For investors, this announcement signals that Vivos Inc. has cleared an early regulatory hurdle by receiving FDA approval to begin a small-scale, first-in-human feasibility study for its RadioGel® cancer therapy. However, the practical impact is limited: the study has not yet started, will enroll only five patients, and no human efficacy or safety data is available. The company's narrative is built on preclinical animal studies and broad strategic ambitions, but there is no evidence of commercial traction, revenue, or financial stability. No external institutional investors or partners are named, and all notable individuals are insiders, so there is no independent validation of the company's prospects. To change this assessment, the company would need to disclose actual patient enrollment, interim clinical results, signed commercial agreements, or meaningful financial data. Investors should watch for concrete milestones in the next reporting period: study initiation, patient dosing, interim safety/efficacy results, and any evidence of commercial or licensing progress. At this stage, the announcement is not actionable for investment—there is no near-term catalyst, and the risk/reward profile is highly speculative. The most important takeaway is that this is a very early-stage clinical development story, not a signal of imminent commercial or financial upside.

Announcement summary

(OTCQB: RDGL) Vivos Inc. announced that it has received approval from the U.S. Food and Drug Administration (FDA) for its Feasibility Investigational Device Exemption (IDE) application.

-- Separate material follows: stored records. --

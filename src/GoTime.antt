-- ===== src/GoTime.antt =====
-- `time.ParseDuration` of the Go library, which internal/job/processor.go calls. A duration is a
-- number of nanoseconds, in 64 bits with a sign.
pub mod Rounds
pub mod Minutes
use golang_videoencoder_api.Prelude.{
  ℕ, zero, suc, ◌+◌, ◌-◌, ◌*◌, ◌/◌, ◌%◌, ◌^◌, ◌≤◌, ltb, leb, ◌==◌, ℤ, pos, negsuc, Bytes, bytes,
  bytes_eq, is_empty, length, Bool, true, false, not, ◌&&◌, ◌||◌, [], ◌∷◌, Option, none, some,
  Bool-cases, inl, inr, if◌then◌else◌, ◌≡◌, refl, arith,
}

abbrev pub is_digit : ℕ → Bool
is_digit c = leb 48 c && leb c 57

abbrev pub period : ℕ
period = 46

-- `leadingInt`: the digits in front of a text, and the rest; `none` for an overflow.
unfoldable pub leading_int : ℕ → Bytes → Option (ℕ × Bytes)
leading_int x [] = some (x, [])
leading_int x (c ∷ rest) =
    let value = x * 10 + (c - 48) in
    let more = leading_int value rest in
    if not (is_digit c)
    then some (x, c ∷ rest)
    else if ltb (2 ^ 63 / 10) x || ltb (2 ^ 63) value
    then none
    else more

-- `leadingFraction`: the digits in front of a text as a number over a power of ten, and the rest;
-- the digits behind an overflow are dropped.
unfoldable pub leading_fraction : Bool → ℕ → ℕ → Bytes → ℕ × ℕ × Bytes
leading_fraction overflow x scale [] = (x, scale, [])
leading_fraction overflow x scale (c ∷ rest) =
    let value = x * 10 + (c - 48) in
    let over = overflow || ltb ((2 ^ 63 - 1) / 10) x || ltb (2 ^ 63) value in
    let more =
      leading_fraction over (if over then x else value) (if over then scale else scale * 10) rest in
    if is_digit c then more else (x, scale, c ∷ rest)

-- `(\.[0-9]*)?`: the fraction, its scale, the rest, and whether it has a digit.
abbrev pub fraction_of : Bytes → ℕ × ℕ × Bytes × Bool
fraction_of [] = (0, 1, [], false)
fraction_of (c ∷ rest) =
    let (f, scale, behind) = leading_fraction false 0 1 rest in
    if c == period
    then (f, scale, behind, not (length behind == length rest))
    else (0, 1, c ∷ rest, false)

-- The unit in front of a text, and the rest.
unfoldable pub unit_of : Bytes → Bytes × Bytes
unit_of [] = ([], [])
unit_of (c ∷ rest) =
    let (u, behind) = unit_of rest in
    if c == period || is_digit c then ([], c ∷ rest) else (c ∷ u, behind)

-- `unitMap`; two characters stand for micro.
unfoldable pub nanoseconds : Bytes → Option ℕ
unfolding bytes_eq bytes
nanoseconds u =
    if bytes_eq u (bytes "ns")
    then some 1
    else if bytes_eq u (bytes "us")
        || bytes_eq u (0xc2 ∷ 0xb5 ∷ bytes "s")
        || bytes_eq u (0xce ∷ 0xbc ∷ bytes "s")
    then some (10 ^ 3)
    else if bytes_eq u (bytes "ms")
    then some (10 ^ 6)
    else if bytes_eq u (bytes "s")
    then some (10 ^ 9)
    else if bytes_eq u (bytes "m")
    then some (60 * 10 ^ 9)
    else if bytes_eq u (bytes "h")
    then some (3600 * 10 ^ 9)
    else none

abbrev pub sign_split : Bytes → Bool × Bytes
sign_split [] = (false, [])
sign_split (c ∷ rest) =
    if c == 45 then (true, rest) else if c == 43 then (false, rest) else (false, c ∷ rest)

abbrev pub negative : ℕ → ℤ
negative zero = pos 0
negative (suc n) = negsuc n

unfoldable pub with_sign : Bool → Option ℕ → Option ℤ
with_sign neg none = none
with_sign true (some d) = some (negative d)
with_sign false (some d) = if ltb (2 ^ 63 - 1) d then none else some (pos d)

-- Over the arithmetic of `float64`: `uint64(float64(f) * (float64(unit) / scale))`, of which Go says
-- that it is at most the number of nanoseconds of an hour.
module _ (fraction : ℕ → ℕ → ℕ → ℕ) where
  abbrev pub scaled : ℕ → ℕ → ℕ → ℕ → Bytes → Option (ℕ × Bytes)
  scaled value f scale unit rest =
      if ltb (2 ^ 63 / unit) value
      then none
      else if f == 0
      then some (value * unit, rest)
      else if ltb (2 ^ 63) (value * unit + fraction f unit scale)
      then none
      else some (value * unit + fraction f unit scale, rest)

  abbrev pub in_unit : ℕ → ℕ → ℕ → Option ℕ → Bytes → Option (ℕ × Bytes)
  in_unit value f scale none rest = none
  in_unit value f scale (some unit) rest = scaled value f scale unit rest

  abbrev pub with_unit : Bool → ℕ → ℕ × ℕ × Bytes × Bool → Option (ℕ × Bytes)
  with_unit pre value (f, scale, rest, post) =
      let (u, behind) = unit_of rest in
      if not pre && not post
      then none
      else if is_empty u
      then none
      else in_unit value f scale (nanoseconds u) behind

  abbrev pub valued : Bytes → Option (ℕ × Bytes) → Option (ℕ × Bytes)
  valued s none = none
  valued s (some (value, rest)) = with_unit (not (length rest == length s)) value (fraction_of rest)

  -- One round of the loop: a number with a unit in front of a text that is not empty.
  unfoldable pub term : Bytes → Option (ℕ × Bytes)
  unfolding leading_int leading_fraction unit_of nanoseconds
  term [] = none
  term (c ∷ rest) =
      if c == period || is_digit c then valued (c ∷ rest) (leading_int 0 (c ∷ rest)) else none

  -- The loop, with the sum so far; each round takes at least one byte.
  unfoldable pub sum_terms : ℕ → ℕ → Bytes → Option ℕ
  unfolding term
  sum_terms fuel d [] = some d
  sum_terms zero d (_ ∷ _) = none
  sum_terms (suc fuel) d (c ∷ rest) = elim (term (c ∷ rest)) [
    | none ↦ none
    | some (value, behind) ↦
        let sum = (d + value) % 2 ^ 64 in
        let later = sum_terms fuel sum behind in if ltb (2 ^ 63) sum then none else later
  ]

  -- `time.ParseDuration`; `none` for any error.
  unfoldable pub parse_duration : Bytes → Option ℤ
  unfolding sum_terms with_sign bytes_eq bytes
  parse_duration text =
      let (neg, s) = sign_split text in
      if bytes_eq s (bytes "0")
      then some (pos 0)
      else if is_empty s
      then none
      else with_sign neg (sum_terms (length s) 0 s)

-- The exact quotient, rounded down.
abbrev exact : ℕ → ℕ → ℕ → ℕ
exact f unit scale = f * unit / scale

parse_duration_plain :
    (parse_duration exact (bytes "45m") ≡ some (pos (45 * 60 * 10 ^ 9)))
    × (parse_duration exact (bytes "1h30m") ≡ some (pos (90 * 60 * 10 ^ 9)))
    × (parse_duration exact (bytes "-1.5s") ≡ some (negsuc 1499999999))
    × (parse_duration exact (bytes "+.5us") ≡ some (pos 500))
    × (parse_duration exact (bytes "0") ≡ some (pos 0))
unfolding parse_duration bytes
parse_duration_plain = (refl, refl, refl, refl, refl)

parse_duration_errors :
    (parse_duration exact (bytes "") ≡ none)
    × (parse_duration exact (bytes "45") ≡ none)
    × (parse_duration exact (bytes ".m") ≡ none)
    × (parse_duration exact (bytes "m") ≡ none)
    × (parse_duration exact (bytes "4 m") ≡ none)
    × (parse_duration exact (bytes "9223372036854775808ns") ≡ none)
unfolding parse_duration bytes
parse_duration_errors = (refl, refl, refl, refl, refl, refl)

This approval allows the company to begin the US based first-in-human feasibility study using RadioGel ®, an innovative yttrium-90-based injectable hydrogel for the targeted treatment of cancerous tumors. The study will be conducted at Mayo Clinic in Jacksonville, FL and will evaluate the safety and feasibility of RadioGel ® in patients with non-resectable papillary thyroid carcinoma. The protocol is expected to initially enroll five patients. Over many years, preclinical studies in veterinary patients (cats, dogs, and horses) and laboratory animals (rabbits) demonstrated the safety and effectiveness of Yttrium-90 RadioGel ® precision radionuclide therapy (PRnT) in cancer treatment. Across multiple studies, histopathology confirmed no radiation-associated adverse effects in any normal organs or tissues. Vivos continues to advance its multi-track strategy by expanding commercial adoption of IsoPet ® for veterinary oncology and pursuing international licensing and monetization opportunities for the PrecisionGel ™ platform.